- **Supplied material**:
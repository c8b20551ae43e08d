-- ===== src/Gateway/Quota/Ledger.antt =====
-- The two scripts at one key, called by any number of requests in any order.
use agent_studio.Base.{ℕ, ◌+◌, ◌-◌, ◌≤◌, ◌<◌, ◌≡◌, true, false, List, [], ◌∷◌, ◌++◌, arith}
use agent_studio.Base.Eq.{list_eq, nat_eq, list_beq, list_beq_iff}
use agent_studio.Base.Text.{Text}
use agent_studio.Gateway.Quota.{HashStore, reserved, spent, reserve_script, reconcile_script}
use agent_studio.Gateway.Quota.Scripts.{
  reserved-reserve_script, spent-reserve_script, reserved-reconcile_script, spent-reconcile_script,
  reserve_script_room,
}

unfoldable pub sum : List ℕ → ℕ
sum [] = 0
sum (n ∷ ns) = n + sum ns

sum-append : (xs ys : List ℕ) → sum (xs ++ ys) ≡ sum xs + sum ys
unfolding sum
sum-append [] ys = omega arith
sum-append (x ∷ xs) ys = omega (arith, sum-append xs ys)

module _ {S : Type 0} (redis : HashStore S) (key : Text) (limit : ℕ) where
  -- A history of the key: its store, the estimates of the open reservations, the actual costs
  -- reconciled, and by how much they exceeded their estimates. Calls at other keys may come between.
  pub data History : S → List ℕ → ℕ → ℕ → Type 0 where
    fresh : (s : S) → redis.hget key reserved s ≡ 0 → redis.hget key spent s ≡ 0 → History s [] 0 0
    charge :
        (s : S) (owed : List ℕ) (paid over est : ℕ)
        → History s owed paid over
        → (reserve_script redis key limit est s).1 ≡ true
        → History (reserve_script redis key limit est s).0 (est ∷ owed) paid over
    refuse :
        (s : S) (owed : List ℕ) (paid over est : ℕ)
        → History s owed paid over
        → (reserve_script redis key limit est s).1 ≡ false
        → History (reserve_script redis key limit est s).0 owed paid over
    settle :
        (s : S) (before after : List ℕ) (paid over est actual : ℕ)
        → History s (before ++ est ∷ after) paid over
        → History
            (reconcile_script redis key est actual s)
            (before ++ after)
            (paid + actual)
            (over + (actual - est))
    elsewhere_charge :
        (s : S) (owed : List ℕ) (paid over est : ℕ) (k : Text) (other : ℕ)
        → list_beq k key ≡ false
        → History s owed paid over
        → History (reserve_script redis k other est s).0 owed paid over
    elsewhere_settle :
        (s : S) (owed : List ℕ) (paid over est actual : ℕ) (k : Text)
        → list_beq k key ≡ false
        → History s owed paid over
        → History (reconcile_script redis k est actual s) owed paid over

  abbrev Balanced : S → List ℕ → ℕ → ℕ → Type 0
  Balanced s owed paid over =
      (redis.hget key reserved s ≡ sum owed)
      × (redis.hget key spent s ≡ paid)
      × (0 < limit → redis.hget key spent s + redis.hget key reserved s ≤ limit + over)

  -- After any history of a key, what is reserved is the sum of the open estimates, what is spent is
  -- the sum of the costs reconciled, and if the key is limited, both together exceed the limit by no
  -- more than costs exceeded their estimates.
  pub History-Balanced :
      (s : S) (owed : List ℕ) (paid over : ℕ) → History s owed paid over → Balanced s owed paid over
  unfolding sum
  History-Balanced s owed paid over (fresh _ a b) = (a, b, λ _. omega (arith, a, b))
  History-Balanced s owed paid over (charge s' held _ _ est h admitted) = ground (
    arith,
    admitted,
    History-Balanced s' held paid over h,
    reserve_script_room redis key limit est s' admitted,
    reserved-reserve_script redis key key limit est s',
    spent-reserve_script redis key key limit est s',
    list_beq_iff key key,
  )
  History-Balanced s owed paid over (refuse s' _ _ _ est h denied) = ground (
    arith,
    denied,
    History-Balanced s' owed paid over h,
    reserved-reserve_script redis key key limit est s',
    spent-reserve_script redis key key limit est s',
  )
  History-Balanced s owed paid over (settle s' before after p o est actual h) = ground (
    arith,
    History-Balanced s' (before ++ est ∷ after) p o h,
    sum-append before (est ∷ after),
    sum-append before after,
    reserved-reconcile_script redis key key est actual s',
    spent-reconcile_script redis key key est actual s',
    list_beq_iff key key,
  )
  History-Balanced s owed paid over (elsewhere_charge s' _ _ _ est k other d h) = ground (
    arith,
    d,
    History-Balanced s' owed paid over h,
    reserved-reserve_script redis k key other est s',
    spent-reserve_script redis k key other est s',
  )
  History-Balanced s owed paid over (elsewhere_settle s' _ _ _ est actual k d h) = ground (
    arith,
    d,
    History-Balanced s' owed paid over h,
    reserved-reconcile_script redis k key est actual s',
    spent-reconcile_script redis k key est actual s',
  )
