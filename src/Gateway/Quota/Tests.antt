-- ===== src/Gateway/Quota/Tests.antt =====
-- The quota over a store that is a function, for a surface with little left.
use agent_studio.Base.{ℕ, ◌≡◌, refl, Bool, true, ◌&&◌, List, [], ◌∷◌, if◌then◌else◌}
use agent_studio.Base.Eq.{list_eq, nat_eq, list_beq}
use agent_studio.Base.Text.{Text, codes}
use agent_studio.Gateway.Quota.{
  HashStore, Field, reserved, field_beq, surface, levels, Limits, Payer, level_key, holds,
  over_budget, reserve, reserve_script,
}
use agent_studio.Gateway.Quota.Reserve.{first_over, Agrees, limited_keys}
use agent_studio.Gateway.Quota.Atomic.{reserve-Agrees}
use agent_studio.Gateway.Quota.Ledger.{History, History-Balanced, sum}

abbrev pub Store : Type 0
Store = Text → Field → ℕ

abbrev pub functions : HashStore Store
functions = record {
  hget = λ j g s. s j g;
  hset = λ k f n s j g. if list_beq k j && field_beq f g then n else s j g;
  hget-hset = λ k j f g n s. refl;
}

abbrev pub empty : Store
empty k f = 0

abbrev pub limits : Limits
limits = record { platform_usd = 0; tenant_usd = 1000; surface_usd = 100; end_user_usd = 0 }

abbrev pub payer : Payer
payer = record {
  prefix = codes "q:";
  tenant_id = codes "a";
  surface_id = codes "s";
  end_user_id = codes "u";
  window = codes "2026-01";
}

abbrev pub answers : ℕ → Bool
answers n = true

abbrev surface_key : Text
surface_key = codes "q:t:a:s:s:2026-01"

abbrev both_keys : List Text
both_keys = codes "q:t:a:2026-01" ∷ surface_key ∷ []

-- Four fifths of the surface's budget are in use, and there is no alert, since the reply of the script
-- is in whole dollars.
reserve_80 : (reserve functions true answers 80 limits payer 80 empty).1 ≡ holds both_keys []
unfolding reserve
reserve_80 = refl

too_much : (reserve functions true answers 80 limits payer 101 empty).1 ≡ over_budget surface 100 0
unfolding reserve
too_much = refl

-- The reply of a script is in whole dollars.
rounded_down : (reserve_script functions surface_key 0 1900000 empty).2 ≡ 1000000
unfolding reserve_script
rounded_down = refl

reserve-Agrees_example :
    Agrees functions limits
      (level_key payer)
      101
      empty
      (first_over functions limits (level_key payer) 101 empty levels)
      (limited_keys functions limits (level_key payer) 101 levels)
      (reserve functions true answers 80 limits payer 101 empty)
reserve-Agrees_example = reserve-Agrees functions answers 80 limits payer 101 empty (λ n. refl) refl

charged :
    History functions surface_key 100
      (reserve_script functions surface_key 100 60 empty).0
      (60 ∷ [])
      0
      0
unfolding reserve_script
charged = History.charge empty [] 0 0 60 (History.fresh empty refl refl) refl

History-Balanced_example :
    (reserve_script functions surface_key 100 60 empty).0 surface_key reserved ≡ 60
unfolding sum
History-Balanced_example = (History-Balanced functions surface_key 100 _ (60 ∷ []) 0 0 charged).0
...
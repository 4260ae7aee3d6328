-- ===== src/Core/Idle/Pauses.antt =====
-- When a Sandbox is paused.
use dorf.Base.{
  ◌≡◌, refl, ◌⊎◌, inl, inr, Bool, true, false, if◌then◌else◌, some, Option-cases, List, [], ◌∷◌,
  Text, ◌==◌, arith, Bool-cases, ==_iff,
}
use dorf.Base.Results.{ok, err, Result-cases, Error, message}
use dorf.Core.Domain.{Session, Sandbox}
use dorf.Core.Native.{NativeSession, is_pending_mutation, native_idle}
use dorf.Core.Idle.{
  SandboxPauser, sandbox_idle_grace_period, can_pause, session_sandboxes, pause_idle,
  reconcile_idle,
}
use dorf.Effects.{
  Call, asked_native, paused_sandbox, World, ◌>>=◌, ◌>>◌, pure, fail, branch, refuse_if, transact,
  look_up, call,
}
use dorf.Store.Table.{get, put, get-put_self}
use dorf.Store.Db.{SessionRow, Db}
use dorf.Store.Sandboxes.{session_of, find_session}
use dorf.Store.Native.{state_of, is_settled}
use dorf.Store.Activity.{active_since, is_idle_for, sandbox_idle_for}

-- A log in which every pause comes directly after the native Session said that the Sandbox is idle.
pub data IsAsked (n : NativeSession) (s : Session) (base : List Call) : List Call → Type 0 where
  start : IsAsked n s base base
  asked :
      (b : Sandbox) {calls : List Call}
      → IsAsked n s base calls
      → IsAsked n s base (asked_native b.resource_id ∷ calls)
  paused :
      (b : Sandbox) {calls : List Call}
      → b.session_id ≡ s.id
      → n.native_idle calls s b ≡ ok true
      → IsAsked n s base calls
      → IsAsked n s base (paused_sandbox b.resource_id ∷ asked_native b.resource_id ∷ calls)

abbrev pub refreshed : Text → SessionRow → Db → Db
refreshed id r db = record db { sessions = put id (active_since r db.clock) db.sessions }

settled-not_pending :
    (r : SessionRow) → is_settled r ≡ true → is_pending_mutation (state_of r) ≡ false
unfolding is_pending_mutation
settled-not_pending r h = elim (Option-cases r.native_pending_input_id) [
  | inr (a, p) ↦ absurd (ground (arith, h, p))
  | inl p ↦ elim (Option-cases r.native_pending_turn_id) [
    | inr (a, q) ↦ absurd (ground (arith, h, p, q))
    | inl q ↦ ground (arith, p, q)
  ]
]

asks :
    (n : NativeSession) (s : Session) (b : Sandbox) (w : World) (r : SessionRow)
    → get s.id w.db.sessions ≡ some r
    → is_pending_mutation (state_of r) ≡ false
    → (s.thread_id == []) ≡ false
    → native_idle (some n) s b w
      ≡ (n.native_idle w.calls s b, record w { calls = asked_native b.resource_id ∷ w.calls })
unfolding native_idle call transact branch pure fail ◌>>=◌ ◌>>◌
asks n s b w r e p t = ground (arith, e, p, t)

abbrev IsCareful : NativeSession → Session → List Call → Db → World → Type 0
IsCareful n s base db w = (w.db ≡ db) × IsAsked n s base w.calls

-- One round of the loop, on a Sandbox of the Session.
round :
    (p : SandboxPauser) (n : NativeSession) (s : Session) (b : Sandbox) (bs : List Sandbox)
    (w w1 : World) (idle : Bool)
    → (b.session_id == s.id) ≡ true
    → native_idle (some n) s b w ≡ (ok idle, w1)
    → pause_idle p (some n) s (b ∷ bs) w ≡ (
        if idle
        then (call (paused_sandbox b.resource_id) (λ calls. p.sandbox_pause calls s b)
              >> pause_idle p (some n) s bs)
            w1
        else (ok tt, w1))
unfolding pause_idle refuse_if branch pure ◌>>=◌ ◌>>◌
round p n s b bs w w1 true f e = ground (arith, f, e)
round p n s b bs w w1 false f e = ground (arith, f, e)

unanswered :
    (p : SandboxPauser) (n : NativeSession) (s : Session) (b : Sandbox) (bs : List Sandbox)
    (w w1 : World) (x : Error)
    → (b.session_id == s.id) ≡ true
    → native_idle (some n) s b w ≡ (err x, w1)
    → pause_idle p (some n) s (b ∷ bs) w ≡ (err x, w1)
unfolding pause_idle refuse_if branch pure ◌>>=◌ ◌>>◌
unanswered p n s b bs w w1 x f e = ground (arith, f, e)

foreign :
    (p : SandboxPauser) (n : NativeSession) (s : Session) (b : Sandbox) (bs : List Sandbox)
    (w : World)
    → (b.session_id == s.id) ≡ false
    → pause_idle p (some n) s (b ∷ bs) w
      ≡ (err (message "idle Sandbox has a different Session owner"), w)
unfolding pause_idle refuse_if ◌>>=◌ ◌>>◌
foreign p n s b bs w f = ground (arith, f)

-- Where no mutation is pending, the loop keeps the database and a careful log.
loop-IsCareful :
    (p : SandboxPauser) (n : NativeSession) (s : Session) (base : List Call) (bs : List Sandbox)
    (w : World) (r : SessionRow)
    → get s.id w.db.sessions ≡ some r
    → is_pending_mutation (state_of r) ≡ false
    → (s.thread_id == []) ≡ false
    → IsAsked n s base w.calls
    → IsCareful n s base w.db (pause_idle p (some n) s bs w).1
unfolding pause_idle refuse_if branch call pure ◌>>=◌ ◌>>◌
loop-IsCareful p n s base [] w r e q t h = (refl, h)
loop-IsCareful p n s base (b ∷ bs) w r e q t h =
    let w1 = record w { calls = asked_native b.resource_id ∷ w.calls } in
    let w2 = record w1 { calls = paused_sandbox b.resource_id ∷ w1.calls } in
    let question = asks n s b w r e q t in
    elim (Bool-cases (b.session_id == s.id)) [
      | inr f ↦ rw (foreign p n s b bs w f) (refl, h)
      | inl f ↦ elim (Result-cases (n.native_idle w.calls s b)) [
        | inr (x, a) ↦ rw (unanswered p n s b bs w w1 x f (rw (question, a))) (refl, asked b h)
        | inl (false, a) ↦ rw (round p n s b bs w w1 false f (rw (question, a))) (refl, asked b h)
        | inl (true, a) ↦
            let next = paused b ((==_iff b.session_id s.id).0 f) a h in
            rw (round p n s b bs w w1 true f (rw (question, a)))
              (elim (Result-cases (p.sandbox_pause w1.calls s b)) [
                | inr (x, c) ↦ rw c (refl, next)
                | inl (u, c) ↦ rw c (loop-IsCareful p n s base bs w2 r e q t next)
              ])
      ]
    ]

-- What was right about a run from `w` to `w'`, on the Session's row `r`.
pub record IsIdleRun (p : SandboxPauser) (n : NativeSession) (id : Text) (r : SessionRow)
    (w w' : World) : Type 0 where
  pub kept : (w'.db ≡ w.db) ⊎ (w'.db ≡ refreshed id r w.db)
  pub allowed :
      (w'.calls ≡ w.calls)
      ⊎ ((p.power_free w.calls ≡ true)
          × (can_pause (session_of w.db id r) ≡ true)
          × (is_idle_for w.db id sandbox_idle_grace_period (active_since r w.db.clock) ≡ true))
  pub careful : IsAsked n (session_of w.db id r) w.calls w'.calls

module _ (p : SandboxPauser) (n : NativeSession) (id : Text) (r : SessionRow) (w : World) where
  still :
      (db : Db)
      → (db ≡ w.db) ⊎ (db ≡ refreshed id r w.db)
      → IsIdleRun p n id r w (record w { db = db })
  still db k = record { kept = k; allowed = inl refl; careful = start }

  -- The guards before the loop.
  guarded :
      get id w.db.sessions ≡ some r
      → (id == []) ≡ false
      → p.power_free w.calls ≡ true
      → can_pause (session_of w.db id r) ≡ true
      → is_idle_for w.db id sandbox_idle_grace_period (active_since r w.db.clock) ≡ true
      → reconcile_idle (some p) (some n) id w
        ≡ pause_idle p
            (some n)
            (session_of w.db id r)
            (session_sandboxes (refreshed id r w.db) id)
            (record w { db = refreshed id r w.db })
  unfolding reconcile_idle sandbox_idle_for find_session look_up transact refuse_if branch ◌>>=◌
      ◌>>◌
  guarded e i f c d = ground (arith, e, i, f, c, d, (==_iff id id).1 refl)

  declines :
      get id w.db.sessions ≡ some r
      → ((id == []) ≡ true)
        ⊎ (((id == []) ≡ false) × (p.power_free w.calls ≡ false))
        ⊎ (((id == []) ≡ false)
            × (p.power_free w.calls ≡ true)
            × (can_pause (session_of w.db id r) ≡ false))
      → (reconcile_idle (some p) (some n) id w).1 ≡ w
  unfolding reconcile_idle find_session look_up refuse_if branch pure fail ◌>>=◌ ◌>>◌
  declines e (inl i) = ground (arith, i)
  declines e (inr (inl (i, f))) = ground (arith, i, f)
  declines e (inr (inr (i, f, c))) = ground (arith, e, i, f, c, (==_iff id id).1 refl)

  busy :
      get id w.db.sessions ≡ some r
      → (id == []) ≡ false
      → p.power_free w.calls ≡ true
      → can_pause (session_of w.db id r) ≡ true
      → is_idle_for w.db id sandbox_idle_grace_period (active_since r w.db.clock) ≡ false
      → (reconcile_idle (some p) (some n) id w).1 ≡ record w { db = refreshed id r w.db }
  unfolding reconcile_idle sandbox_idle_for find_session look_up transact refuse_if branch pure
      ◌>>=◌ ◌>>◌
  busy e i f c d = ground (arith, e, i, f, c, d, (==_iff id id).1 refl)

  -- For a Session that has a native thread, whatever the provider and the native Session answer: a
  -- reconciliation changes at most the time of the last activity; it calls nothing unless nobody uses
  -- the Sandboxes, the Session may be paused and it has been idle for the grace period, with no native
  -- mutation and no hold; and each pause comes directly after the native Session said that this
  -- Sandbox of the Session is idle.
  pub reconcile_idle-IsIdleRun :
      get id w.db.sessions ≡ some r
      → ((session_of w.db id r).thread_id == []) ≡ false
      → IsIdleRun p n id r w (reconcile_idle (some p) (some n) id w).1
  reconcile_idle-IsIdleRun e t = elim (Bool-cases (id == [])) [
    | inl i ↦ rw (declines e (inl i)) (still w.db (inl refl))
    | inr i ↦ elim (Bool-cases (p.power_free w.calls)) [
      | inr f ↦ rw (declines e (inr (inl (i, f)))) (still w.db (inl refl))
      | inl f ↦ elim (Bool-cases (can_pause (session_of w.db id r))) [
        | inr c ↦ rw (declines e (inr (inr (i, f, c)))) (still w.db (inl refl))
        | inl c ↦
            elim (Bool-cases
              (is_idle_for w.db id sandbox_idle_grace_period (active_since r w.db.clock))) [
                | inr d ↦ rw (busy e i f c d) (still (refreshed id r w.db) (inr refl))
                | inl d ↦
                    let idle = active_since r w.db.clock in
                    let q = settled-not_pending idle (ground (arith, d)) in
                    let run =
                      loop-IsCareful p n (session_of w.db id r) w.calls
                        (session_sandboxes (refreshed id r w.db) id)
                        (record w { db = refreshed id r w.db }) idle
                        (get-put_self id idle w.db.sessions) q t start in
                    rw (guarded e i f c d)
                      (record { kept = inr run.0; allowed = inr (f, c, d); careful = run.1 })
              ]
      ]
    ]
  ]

- **What you are asked to do**: Bring together each line above where the string "antt" turns up.

- **Result of the task**:
-- ===== src/Gateway/Quota/Ledger.antt =====
filename src/Gateway/Quota/Tests.antt
-- ===== src/Gateway/Quota/Tests.antt =====
-- ===== src/Core/Idle/Pauses.antt =====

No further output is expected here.